At this time Major Stearns's friend, General Wilde, was recruiting a colored brigade in North Carolina, and General Ullman was organizing colored regiments in Louisiana.

Major Stearns's labors were brought to a close in February, 1864, by the eccentric conduct of Secretary Stanton,—the reason for which has never been explained. He obtained leave of absence to return to Boston at Christmas time, and after a brief visit to his family went to Washington and called upon the Secretary of War, who declined to see him three days in succession. On the evening of the fourth day he met Mr. Stanton at an evening party and Stanton said to him in his roughest manner: "Major Stearns, why are you not in Tennessee?" This was a breach of official etiquette on the part of the Secretary of War and Major Stearns sent in his resignation at once. His reason for doing so, however, was not so much on account of this personal slight as from the conclusion that he had accomplished all that was essential to be done in this line. His chief assistant at Nashville, Capt. R. D. Muzzey, was an able man and perfectly competent to run the machine which Mr. Stearns had constructed.

The importance of his work cannot readily be measured. It was no longer easy to obtain white volunteers. With a population ten millions less than that of France, the Northern States were maintaining an army much larger than the one which accompanied Napoleon to Moscow. General Thomas's right wing, at the battle of Nashville, was formed almost entirely of colored regiments. They were ordered to make a feint attack on the enemy, so as to withdraw attention from the flanking movement of his veterans on the left; but when the charge had once begun their officers were unable to keep them in check—the feint was changed into a real attack and contributed largely to the most decisive victory of the whole war.

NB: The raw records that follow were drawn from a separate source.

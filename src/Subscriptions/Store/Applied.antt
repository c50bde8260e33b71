-- ===== src/Subscriptions/Store/Applied.antt =====
-- subscriptions/store.go: the commit of an activation, whose only durable pointer is active.json, and
-- the marker of an activation that is under way, from which it is recovered.
use clashpulse.Base.{
  String, Bool, true, false, not, ◌&&◌, ◌||◌, Option, none, some, if◌then◌else◌, ◌==◌, ◌=s◌,
  is_blank, codes, length,
}
use clashpulse.Subscriptions.Model.{
  StoreError, not_found, no_snapshot, store_failed, Result, ok, err, valid_id, valid_optional_hash,
  all_hex,
}
use clashpulse.Subscriptions.Store.{Bytes, Rec, Store, Marker, Pending, StoreOutcome, blank_marker}
use clashpulse.Subscriptions.Store.Generations.{Pair, verify_pair, CleanIo, cleanup_applied}

abbrev pub pair_of_marker : Marker → Pair
pair_of_marker m = record { profile_hash = m.profile_hash; candidate_hash = m.candidate_hash }

-- The fields of a record that say whether it is the applied one.
unfoldable pub point_at : Marker → String → Rec → Rec
point_at m id r =
    if id =s m.id
    then record r {
      applied_hash = m.candidate_hash;
      applied_profile_hash = m.profile_hash;
      applied_candidate_hash = m.candidate_hash;
      active = true;
    }
    else record r {
      applied_hash = "";
      applied_profile_hash = "";
      applied_candidate_hash = "";
      active = false;
    }

unfoldable pub point_option : Marker → String → Option Rec → Option Rec
unfolding point_at
point_option m id none = none
point_option m id (some r) = some (point_at m id r)

unfoldable pub point_records : Marker → (String → Option Rec) → String → Option Rec
unfolding point_option
point_records m records id = point_option m id (records id)

unfoldable pub clear_rec : Option Rec → Option Rec
clear_rec none = none
clear_rec (some r) = some (record r {
  applied_hash = "";
  applied_profile_hash = "";
  applied_candidate_hash = "";
  active = false;
})

unfoldable pub point : Marker → Store → Store
unfolding point_records
point m s = record s {
  records = point_records m s.records;
  current = m;
  disk = record s.disk { active_file = some m };
}

-- `validResourceCommitID`: 32 hexadecimal digits.
unfoldable pub valid_resource_commit_id : String → Bool
valid_resource_commit_id id = if not (length (codes id) == 32) then false else all_hex (codes id)

unfoldable pub has_file : Option Pending → Bool
has_file none = false
has_file (some p) = true

unfoldable pub set_pending : Option Pending → Store → Store
set_pending p s = record s { disk = record s.disk { pending_file = p } }

-- `stat_ok` says whether `Lstat` answers at all.
unfoldable pub mark_activation_pending : Bool → Bool → Marker → String → Store → StoreOutcome
unfolding has_file set_pending
mark_activation_pending stat_ok write_ok m resource_commit_id s =
    if not (valid_resource_commit_id resource_commit_id)
    then (some store_failed, s)
    else if not stat_ok || has_file s.disk.pending_file
    then (some store_failed, s)
    else if not write_ok
    then (some store_failed, s)
    else (
      none,
      set_pending
          (some (record { marker = m; resource_commit_id = resource_commit_id; accepted = false }))
          s,
    )

unfoldable pub clear_activation_pending : Bool → Store → StoreOutcome
unfolding has_file set_pending
clear_activation_pending remove_ok s =
    if has_file s.disk.pending_file && not remove_ok
    then (some store_failed, s)
    else (none, set_pending none s)

unfoldable pub pending_ok : Pending → Bool
pending_ok p =
    let m = p.marker in
    (is_blank m.id || valid_id m.id)
    && valid_optional_hash m.profile_hash
    && valid_optional_hash m.candidate_hash
    && valid_resource_commit_id p.resource_commit_id
    && not (is_blank m.id && (not (is_blank m.profile_hash) || not (is_blank m.candidate_hash)))

-- `readable` is that `readPrivateFile` gives the file. Its content, an identifier of at most 128 bytes,
-- two hashes and a commit identifier, is far below the limit of that read, 1 MiB.
unfoldable pub load_pending_activation : Bool → Store → Result (Option Pending)
unfolding pending_ok
load_pending_activation readable s = elim s.disk.pending_file [
  | none ↦ if readable then ok none else err store_failed
  | some p ↦
      if not readable
      then err store_failed
      else if not (pending_ok p)
      then err store_failed
      else ok (some p)
]

unfoldable pub mark_activation_accepted : Bool → Bool → Store → StoreOutcome
unfolding set_pending
mark_activation_accepted readable write_ok s = elim (load_pending_activation readable s) [
  | err e ↦ (some store_failed, s)
  | ok none ↦ (some store_failed, s)
  | ok (some p) ↦
      if not write_ok
      then (some store_failed, s)
      else (none, set_pending (some (record p { accepted = true })) s)
]

unfoldable pub retry_accepted_activation_cleanup : Bool → Bool → Store → StoreOutcome
retry_accepted_activation_cleanup readable remove_ok s = elim (load_pending_activation readable s) [
  | err e ↦ (some e, s)
  | ok none ↦ (none, s)
  | ok (some p) ↦
      if not p.accepted then (some store_failed, s) else clear_activation_pending remove_ok s
]

-- The calls of `RecoverPendingActivation` that can fail.
pub record RecoverIo : Type 0 where
  pub pending_readable : Bool
  pub readable : Bool
  pub change_ok : Bool
  pub remove_ok : Bool
  pub clean : String → CleanIo

unfoldable pub clean_unless : (String → CleanIo) → Option StoreError → Store → StoreOutcome
clean_unless clean (some e) s = (some e, s)
clean_unless clean none s = (none, cleanup_applied clean s)

unfoldable pub clear_and_clean : RecoverIo → Option StoreError → Store → StoreOutcome
unfolding clean_unless
clear_and_clean io (some e) s = (some e, s)
clear_and_clean io none s =
    let cleared = clear_activation_pending io.remove_ok s in
    clean_unless io.clean cleared.0 cleared.1

module _ (hash : Bytes → String) where
  -- The calls of `setApplied` that can fail: reading the generation and writing the marker.
  unfoldable pub set_applied : Bool → Bool → Marker → Store → StoreOutcome
  unfolding point
  set_applied readable write_ok m s = elim (s.records m.id) [
    | none ↦ (some not_found, s)
    | some r ↦
        if not (verify_pair hash readable m.id (pair_of_marker m) (s.disk.dirs m.id))
        then (some no_snapshot, s)
        else if not write_ok
        then (some store_failed, s)
        else (none, point m s)
  ]

  unfoldable pub restore_applied : Bool → Bool → Marker → Store → StoreOutcome
  unfolding clear_rec
  restore_applied readable change_ok m s =
      if not (is_blank m.id)
      then set_applied readable change_ok m s
      else if not change_ok
      then (some store_failed, s)
      else (
        none,
        record s {
          records = λ id. clear_rec (s.records id);
          current = blank_marker;
          disk = record s.disk { active_file = none };
        },
      )

  unfoldable pub recover_pending_activation : RecoverIo → String → Store → StoreOutcome
  unfolding clear_and_clean
  recover_pending_activation io resource_commit_id s =
      elim (load_pending_activation io.pending_readable s) [
        | err e ↦ (some e, s)
        | ok none ↦ (none, cleanup_applied io.clean s)
        | ok (some p) ↦
            if not p.accepted && not (p.resource_commit_id =s resource_commit_id)
            then (let restored = restore_applied io.readable io.change_ok p.marker s in
                clear_and_clean io restored.0 restored.1)
            else clear_and_clean io none s
      ]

In his last annual Message President Lincoln congratulated Congress on the success of the Government's policy in raising negro regiments, and on the efficiency of the troops organized in this way. It seems very doubtful if the war could have been brought to a successful termination without them.

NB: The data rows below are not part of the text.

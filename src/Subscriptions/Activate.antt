-- ===== src/Subscriptions/Activate.antt =====
-- subscriptions/fetch.go: `Activate`, which applies a stored generation to the runtime and commits it,
-- or goes back. The state is the store and the profile that the runtime runs.
pub mod Calls
pub mod Ends
pub mod Sound
use clashpulse.Base.{
  ℕ, String, Bool, true, false, not, ◌&&◌, ◌||◌, Option, none, some, List, [], if◌then◌else◌, ◌=s◌,
  is_blank,
}
use clashpulse.Subscriptions.Model.{
  StoreError, not_found, no_snapshot, invalid, active, already_exists, store_failed,
  cleanup_pending, Result, ok, err, valid_id,
}
use clashpulse.Subscriptions.Store.{Bytes, Rec, Dir, Store, Marker, StoreOutcome}
use clashpulse.Subscriptions.Store.Generations.{
  Pair, pair_of, CleanIo, record_snapshot, active_profile, cleanup_applied,
}
use clashpulse.Subscriptions.Store.Applied.{
  set_applied, restore_applied, mark_activation_pending, clear_activation_pending,
  mark_activation_accepted, retry_accepted_activation_cleanup,
}

pub record World : Type 0 where
  pub store : Store
  pub runtime : Option Bytes

-- The errors, by what they join.
pub data ActivateError : Type 0 where
  refused : StoreError → ActivateError
  cleanup_before : StoreError → ActivateError
  not_read : ActivateError
  stopped : ActivateError
  not_applied : ActivateError
  not_stored : ActivateError
  not_stored_nor_restored : ActivateError
  not_stored_nor_cleared : StoreError → ActivateError
  not_finalized : ActivateError
  not_finalized_nor_restored : ActivateError
  not_finalized_nor_pointed_back : ActivateError
  not_finalized_nor_cleared : ActivateError
  cleanup_after : StoreError → ActivateError

abbrev pub Activated : Type 0
Activated = Option ActivateError × World

-- What the calls answer. `Apply` and `Restore` leave the runtime with some profile where they fail;
-- `commit_id` is blank where no resources wait to be committed.
pub record ActivateIo : Type 0 where
  pub retry_readable : Bool
  pub retry_ok : Bool
  pub readable : Bool
  pub previous_readable : Bool
  pub is_stopped : Bool
  pub apply_ok : Bool
  pub apply_stopped : Bool
  pub after_apply : Option Bytes
  pub commit_id : String
  pub stat_ok : Bool
  pub mark_ok : Bool
  pub set_readable : Bool
  pub set_ok : Bool
  pub finalize : Option Bool
  pub restore_ok : Bool
  pub after_restore : Option Bytes
  pub back_readable : Bool
  pub back_ok : Bool
  pub clear_ok : Bool
  pub accept_readable : Bool
  pub accept_ok : Bool
  pub clean : String → CleanIo

file_at : Pair → Option Dir → Bytes
file_at p none = []
file_at p (some d) = elim (d.profiles p.profile_hash) [ none ↦ [] | some b ↦ b ]

-- The profile that `recordSnapshot` has read.
unfoldable pub snapshot_profile : String → Rec → Store → Bytes
unfolding file_at
snapshot_profile id r s = file_at (pair_of r) (s.disk.dirs id)

-- The profile to go back to; none stored is an empty one.
unfoldable pub previous_of : Result (String × Bytes) → Option Bytes
previous_of (ok (id, b)) = some b
previous_of (err no_snapshot) = some []
previous_of (err _) = none

abbrev pub with_store : World → Store → World
with_store w s = record w { store = s }

-- `Restore` of the previous profile.
unfoldable pub restored : ActivateIo → Bytes → World → World
restored io previous w = record w {
  runtime = if io.restore_ok then some previous else io.after_restore;
}

unfoldable pub already_applied : String → Rec → Store → Bool
already_applied id r s =
    s.current.id =s id
    && r.applied_profile_hash =s r.hash
    && r.applied_candidate_hash =s r.candidate_hash

-- What is being activated: the record, what was active, and whether resources wait.
pub record Plan : Type 0 where
  pub id : String
  pub generation : Pair
  pub previous : Marker
  pub previous_profile : Bytes
  pub already : Bool
  pub pending : Bool

abbrev pub target_of : Plan → Marker
target_of p = record {
  id = p.id;
  profile_hash = p.generation.profile_hash;
  candidate_hash = p.generation.candidate_hash;
}

-- The marker of the pending activation is cleared, where there is one.
unfoldable pub cleared : ActivateIo → Plan → Store → StoreOutcome
cleared io p s = if p.pending then clear_activation_pending io.clear_ok s else (none, s)

unfoldable pub clean_up : ActivateIo → Plan → World → Activated
clean_up io p w = (none, if p.already then w else with_store w (cleanup_applied io.clean w.store))

unfoldable pub accepted : ActivateIo → Plan → World → Activated
unfolding clean_up
accepted io p w =
    if not p.pending
    then clean_up io p w
    else let marked = mark_activation_accepted io.accept_readable io.accept_ok w.store in
      elim (marked.0) [
        | some e ↦ (some (cleanup_after e), with_store w (marked.1))
        | none ↦
            let done = clear_activation_pending io.clear_ok (marked.1) in
            elim (done.0) [
              | some e ↦ (some (cleanup_after e), with_store w (done.1))
              | none ↦ clean_up io p (with_store w (done.1))
            ]
      ]

module _ (hash : Bytes → String) where
  unfoldable pub not_finalized_after : ActivateIo → Plan → World → Activated
  unfolding cleared restored
  not_finalized_after io p w =
      let back = restored io p.previous_profile w in
      if not io.restore_ok
      then (some not_finalized_nor_restored, back)
      else if p.already
      then (some not_finalized, back)
      else let pointed = restore_applied hash io.back_readable io.back_ok p.previous w.store in
        elim (pointed.0) [
          | some e ↦ (some not_finalized_nor_pointed_back, with_store back (pointed.1))
          | none ↦
              let done = cleared io p (pointed.1) in
              elim (done.0) [
                | some e ↦ (some not_finalized_nor_cleared, with_store back (done.1))
                | none ↦ (some not_finalized, with_store back (done.1))
              ]
        ]

  unfoldable pub finalized : ActivateIo → Plan → Option Bool → World → Activated
  unfolding accepted not_finalized_after
  finalized io p (some false) w = not_finalized_after io p w
  finalized io p (some true) w = accepted io p w
  finalized io p none w = accepted io p w

  unfoldable pub not_stored_after : ActivateIo → Plan → World → Activated
  unfolding cleared restored
  not_stored_after io p w =
      let back = restored io p.previous_profile w in
      if not io.restore_ok
      then (some not_stored_nor_restored, back)
      else let done = cleared io p w.store in
        elim (done.0) [
          | some e ↦ (some (not_stored_nor_cleared e), with_store back (done.1))
          | none ↦ (some not_stored, with_store back (done.1))
        ]

  unfoldable pub pointed_at : ActivateIo → Plan → World → Activated
  unfolding finalized not_stored_after
  pointed_at io p w =
      let set = set_applied hash io.set_readable io.set_ok (target_of p) w.store in
      elim (set.0) [
        | some e ↦ not_stored_after io p (with_store w (set.1))
        | none ↦ finalized io p io.finalize (with_store w (set.1))
      ]

  unfoldable pub committed : ActivateIo → Plan → World → Activated
  unfolding finalized pointed_at restored
  committed io p w =
      if p.already
      then finalized io p io.finalize w
      else if not p.pending
      then pointed_at io p w
      else let marked =
          mark_activation_pending io.stat_ok io.mark_ok p.previous io.commit_id w.store in
        elim (marked.0) [
          | some e ↦ (
            some (if io.restore_ok then not_stored else not_stored_nor_restored),
            restored io p.previous_profile (with_store w (marked.1)),
          )
          | none ↦ pointed_at io p (with_store w (marked.1))
        ]

  unfoldable pub plan_of : ActivateIo → String → Rec → Bytes → Store → Plan
  unfolding already_applied
  plan_of io id r previous s = record {
    id = id;
    generation = pair_of r;
    previous = s.current;
    previous_profile = previous;
    already = already_applied id r s;
    pending = not (already_applied id r s) && not (is_blank io.commit_id);
  }

  unfoldable pub applied_with : ActivateIo → String → Rec → Option Bytes → World → Activated
  unfolding committed plan_of snapshot_profile
  applied_with io id r none w = (some not_read, w)
  applied_with io id r (some previous) w =
      if io.is_stopped
      then (some stopped, w)
      else if not io.apply_ok
      then (
        some (if io.apply_stopped then stopped else not_applied),
        record w { runtime = io.after_apply },
      )
      else committed io (plan_of io id r previous w.store)
          (record w { runtime = some (snapshot_profile id r w.store) })

  unfoldable pub with_snapshot : ActivateIo → String → Result Rec → World → Activated
  unfolding applied_with previous_of
  with_snapshot io id (err e) w = (some (refused e), w)
  with_snapshot io id (ok r) w =
      applied_with io id r (previous_of (active_profile hash io.previous_readable w.store)) w

  unfoldable pub with_retried : ActivateIo → String → Option StoreError → World → Activated
  unfolding with_snapshot
  with_retried io id (some e) w = (some (cleanup_before e), w)
  with_retried io id none w = with_snapshot io id (record_snapshot hash io.readable id w.store) w

  -- The second comparison of the candidate's hash is left out, which `recordSnapshot` has made.
  unfoldable pub activate : ActivateIo → String → World → Activated
  unfolding with_retried
  activate io id w =
      if not (valid_id id)
      then (some (refused invalid), w)
      else let retried = retry_accepted_activation_cleanup io.retry_readable io.retry_ok w.store in
        with_retried io id (retried.0) (with_store w (retried.1))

In 1898 the Legislature of Massachusetts, at the instance of the veterans of the Fifty-fourth and Fifty-fifth regiments, voted to have a memorial tablet for the public services of George Luther Stearns set up in the Doric Hall of Boston State House, and the act was approved by Governor Walcott, who sent the quill with which he signed it to Major Stearns's widow.

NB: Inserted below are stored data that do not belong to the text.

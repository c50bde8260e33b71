-- ===== src/Subscriptions/Activate/Calls.antt =====
-- subscriptions/fetch.go: what the calls of `Activate` do to the pointer and the runtime.
use clashpulse.Base.{
  ◌≡◌, ◌⊎◌, refl, sym, ap, ◌∙◌, String, Bool, true, false, not, ◌&&◌, ◌||◌, Option, none, some,
  if◌then◌else◌, is_blank, Bool-cases, Option-cases, inl, inr,
}
use clashpulse.Subscriptions.Model.{StoreError, Result, ok, err}
use clashpulse.Subscriptions.Store.{Bytes, Rec, Store, Marker, Pending, blank_marker}
use clashpulse.Subscriptions.Store.Generations.{
  pair_of, verify_pair, is_blank_pair, matches_at, record_snapshot,
}
use clashpulse.Subscriptions.Store.Applied.{
  pair_of_marker, point, set_applied, restore_applied, mark_activation_pending,
  clear_activation_pending, mark_activation_accepted, set_pending, has_file,
  load_pending_activation, retry_accepted_activation_cleanup, valid_resource_commit_id,
}
use clashpulse.Subscriptions.Activate.{World, ActivateIo, restored, Plan, cleared}

-- A property of both branches is one of the choice.
pub if_cases :
    {A : Type 0} (P : A → Type 0) (c : Bool) (x y : A)
    → (c ≡ true → P x)
    → (c ≡ false → P y)
    → P (if c then x else y)
if_cases P true x y f g = f refl
if_cases P false x y f g = g refl

pub restored-runtime :
    (io : ActivateIo) (previous : Bytes) (w : World)
    → io.restore_ok ≡ true
    → (restored io previous w).runtime ≡ some previous
unfolding restored
restored-runtime io previous w t = rw t refl

pub clear-current :
    (ok_ : Bool) (s : Store) → (clear_activation_pending ok_ s).1.current ≡ s.current
unfolding clear_activation_pending set_pending
clear-current ok_ s = elim (Bool-cases (has_file s.disk.pending_file && not ok_)) [
  | inl t ↦ rw (clear_activation_pending, t) refl
  | inr n ↦ rw (clear_activation_pending, n) refl
]

pub cleared-current :
    (io : ActivateIo) (p : Plan) (s : Store) → (cleared io p s).1.current ≡ s.current
unfolding cleared
cleared-current io p s = elim (Bool-cases p.pending) [
  | inl t ↦ rw (cleared, t) (clear-current io.clear_ok s)
  | inr n ↦ rw (cleared, n) refl
]

pub mark-current :
    (stat_ok write_ok : Bool) (m : Marker) (commit : String) (s : Store)
    → (mark_activation_pending stat_ok write_ok m commit s).1.current ≡ s.current
unfolding mark_activation_pending set_pending
mark-current stat_ok write_ok m commit s = elim (Bool-cases (valid_resource_commit_id commit)) [
  | inr n ↦ rw (mark_activation_pending, n) refl
  | inl v ↦ elim (Bool-cases (not stat_ok || has_file s.disk.pending_file)) [
    | inl t ↦ rw (mark_activation_pending, v, t) refl
    | inr n ↦ elim (Bool-cases write_ok) [
      | inl t ↦ rw (mark_activation_pending, v, n, t) refl
      | inr k ↦ rw (mark_activation_pending, v, n, k) refl
    ]
  ]
]

pub accept-current :
    (readable write_ok : Bool) (s : Store)
    → (mark_activation_accepted readable write_ok s).1.current ≡ s.current
unfolding mark_activation_accepted set_pending
accept-current readable write_ok s = accepted_at (load_pending_activation readable s) refl
  where
    accepted_at :
        (l : Result (Option Pending))
        → load_pending_activation readable s ≡ l
        → (mark_activation_accepted readable write_ok s).1.current ≡ s.current
    accepted_at (err e) q = rw (mark_activation_accepted, q) refl
    accepted_at (ok none) q = rw (mark_activation_accepted, q) refl
    accepted_at (ok (some p)) q = elim (Bool-cases write_ok) [
      | inl t ↦ rw (mark_activation_accepted, q, t) refl
      | inr n ↦ rw (mark_activation_accepted, q, n) refl
    ]

-- A retried clean-up changes the pending marker at most.
pub retry-cases :
    (readable remove_ok : Bool) (s : Store)
    → ((retry_accepted_activation_cleanup readable remove_ok s).1 ≡ s)
      ⊎ ((retry_accepted_activation_cleanup readable remove_ok s).1 ≡ set_pending none s)
unfolding retry_accepted_activation_cleanup clear_activation_pending
retry-cases readable remove_ok s = retried_at (load_pending_activation readable s) refl
  where
    retried_at :
        (l : Result (Option Pending))
        → load_pending_activation readable s ≡ l
        → ((retry_accepted_activation_cleanup readable remove_ok s).1 ≡ s)
          ⊎ ((retry_accepted_activation_cleanup readable remove_ok s).1 ≡ set_pending none s)
    retried_at (err e) q = inl (rw (retry_accepted_activation_cleanup, q) refl)
    retried_at (ok none) q = inl (rw (retry_accepted_activation_cleanup, q) refl)
    retried_at (ok (some p)) q = elim (Bool-cases p.accepted) [
      | inr n ↦ inl (rw (retry_accepted_activation_cleanup, q, n) refl)
      | inl t ↦ elim (Bool-cases (has_file s.disk.pending_file && not remove_ok)) [
        | inl u ↦ inl (rw (retry_accepted_activation_cleanup, q, t, u) refl)
        | inr u ↦ inr (rw (retry_accepted_activation_cleanup, q, t, u) refl)
      ]
    ]

module _ (hash : Bytes → String) where
  pub set_applied-current_new :
      (readable write_ok : Bool) (m : Marker) (s : Store)
      → (set_applied hash readable write_ok m s).0 ≡ none
      → (set_applied hash readable write_ok m s).1.current ≡ m
  unfolding set_applied point
  set_applied-current_new readable write_ok m s q = elim (Option-cases (s.records m.id)) [
    | inl n ↦ cc (rw (set_applied, n) at q)
    | inr (r, e) ↦
        elim (Bool-cases (verify_pair hash readable m.id (pair_of_marker m) (s.disk.dirs m.id))) [
          | inr n ↦ cc (rw (set_applied, e, n) at q)
          | inl v ↦ elim (Bool-cases write_ok) [
            | inr n ↦ cc (rw (set_applied, e, v, n) at q)
            | inl t ↦ rw (set_applied, e, v, t) refl
          ]
        ]
  ]

  pub set_applied-current_old :
      (readable write_ok : Bool) (m : Marker) (s : Store) (x : StoreError)
      → (set_applied hash readable write_ok m s).0 ≡ some x
      → (set_applied hash readable write_ok m s).1.current ≡ s.current
  unfolding set_applied
  set_applied-current_old readable write_ok m s x q = elim (Option-cases (s.records m.id)) [
    | inl n ↦ rw (set_applied, n) refl
    | inr (r, e) ↦
        elim (Bool-cases (verify_pair hash readable m.id (pair_of_marker m) (s.disk.dirs m.id))) [
          | inr n ↦ rw (set_applied, e, n) refl
          | inl v ↦ elim (Bool-cases write_ok) [
            | inr n ↦ rw (set_applied, e, v, n) refl
            | inl t ↦ cc (rw (set_applied, e, v, t) at q)
          ]
        ]
  ]

  pub restore_applied-current :
      (readable change_ok : Bool) (m : Marker) (s : Store)
      → (is_blank m.id ≡ true → m ≡ blank_marker)
      → (restore_applied hash readable change_ok m s).0 ≡ none
      → (restore_applied hash readable change_ok m s).1.current ≡ m
  unfolding restore_applied
  restore_applied-current readable change_ok m s b q = elim (Bool-cases (is_blank m.id)) [
    | inr n ↦
        rw (restore_applied, n)
          (set_applied-current_new readable change_ok m s (rw (restore_applied, n) at q))
    | inl t ↦ elim (Bool-cases change_ok) [
      | inr n ↦ cc (rw (restore_applied, t, n) at q)
      | inl c ↦ rw (restore_applied, t, c) (sym (b t))
    ]
  ]

  pub snapshot-record :
      (readable : Bool) (id : String) (r : Rec) (s : Store)
      → record_snapshot hash readable id s ≡ ok r
      → s.records id ≡ some r
  unfolding record_snapshot
  snapshot-record readable id r s q = elim (Option-cases (s.records id)) [
    | inl n ↦ cc (rw (record_snapshot, n) at q)
    | inr (x, e) ↦ elim (Bool-cases (is_blank_pair (pair_of x))) [
      | inl t ↦ cc (rw (record_snapshot, e, t) at q)
      | inr n ↦ elim (Bool-cases (matches_at hash readable (pair_of x) (s.disk.dirs id))) [
        | inr u ↦ cc (rw (record_snapshot, e, n, u) at q)
        | inl u ↦
            let same : x ≡ r =
              ap (λ z. elim z [ ok y ↦ y | err y ↦ x ]) (rw (record_snapshot, e, n, u) at q) in
            e ∙ ap some same
      ]
    ]
  ]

EMERSON'S TRIBUTE TO GEORGE L. STEARNS.

Delivered in the First Parish Church of Medford on the Sunday following Major Stearns's death, April 9, 1867.

"We do not know how to prize good men until they depart. High virtue has such an air of nature and necessity that to thank its possessor would be to praise the water for flowing or the fire for warming us. But, on the instant of their death, we wonder at our past insensibility, when we see how impossible it is to replace them. There will be other good men, but not these again. And the painful surprise which the last week brought us, in the tidings of the death of Mr. Stearns, opened all eyes to the just consideration of the singular merits of the citizen, the neighbor, the friend, the father, and the husband, whom this assembly mourns. We recall the all but exclusive devotion of this excellent man during the last twelve years to public and patriotic interests. Known until that time in no very wide circle as a man of skill and perseverance in his business; of pure life; of retiring and affectionate habits; happy in his domestic relations,—his extreme interest in the national politics, then growing more anxious year by year, engaged him to scan the fortunes of freedom with keener attention. He was an early laborer in the resistance to slavery. This brought him into sympathy with the people of Kansas. As early as 1855 the Emigrant Aid Society was formed; and in 1856 he organized the Massachusetts State Kansas Committee, by means of which a large amount of money was obtained for the 'free-State men,' at times of the greatest need. He was the more engaged to this cause by making in 1857 the acquaintance of Captain John Brown, who was not only an extraordinary man, but one who had a rare magnetism for men of character, and attached some of the best and noblest to him, on very short acquaintance, by lasting ties. Mr. Stearns made himself at once necessary to Captain Brown as one who respected his inspirations, and had the magnanimity to trust him entirely, and to arm his hands with all needed help.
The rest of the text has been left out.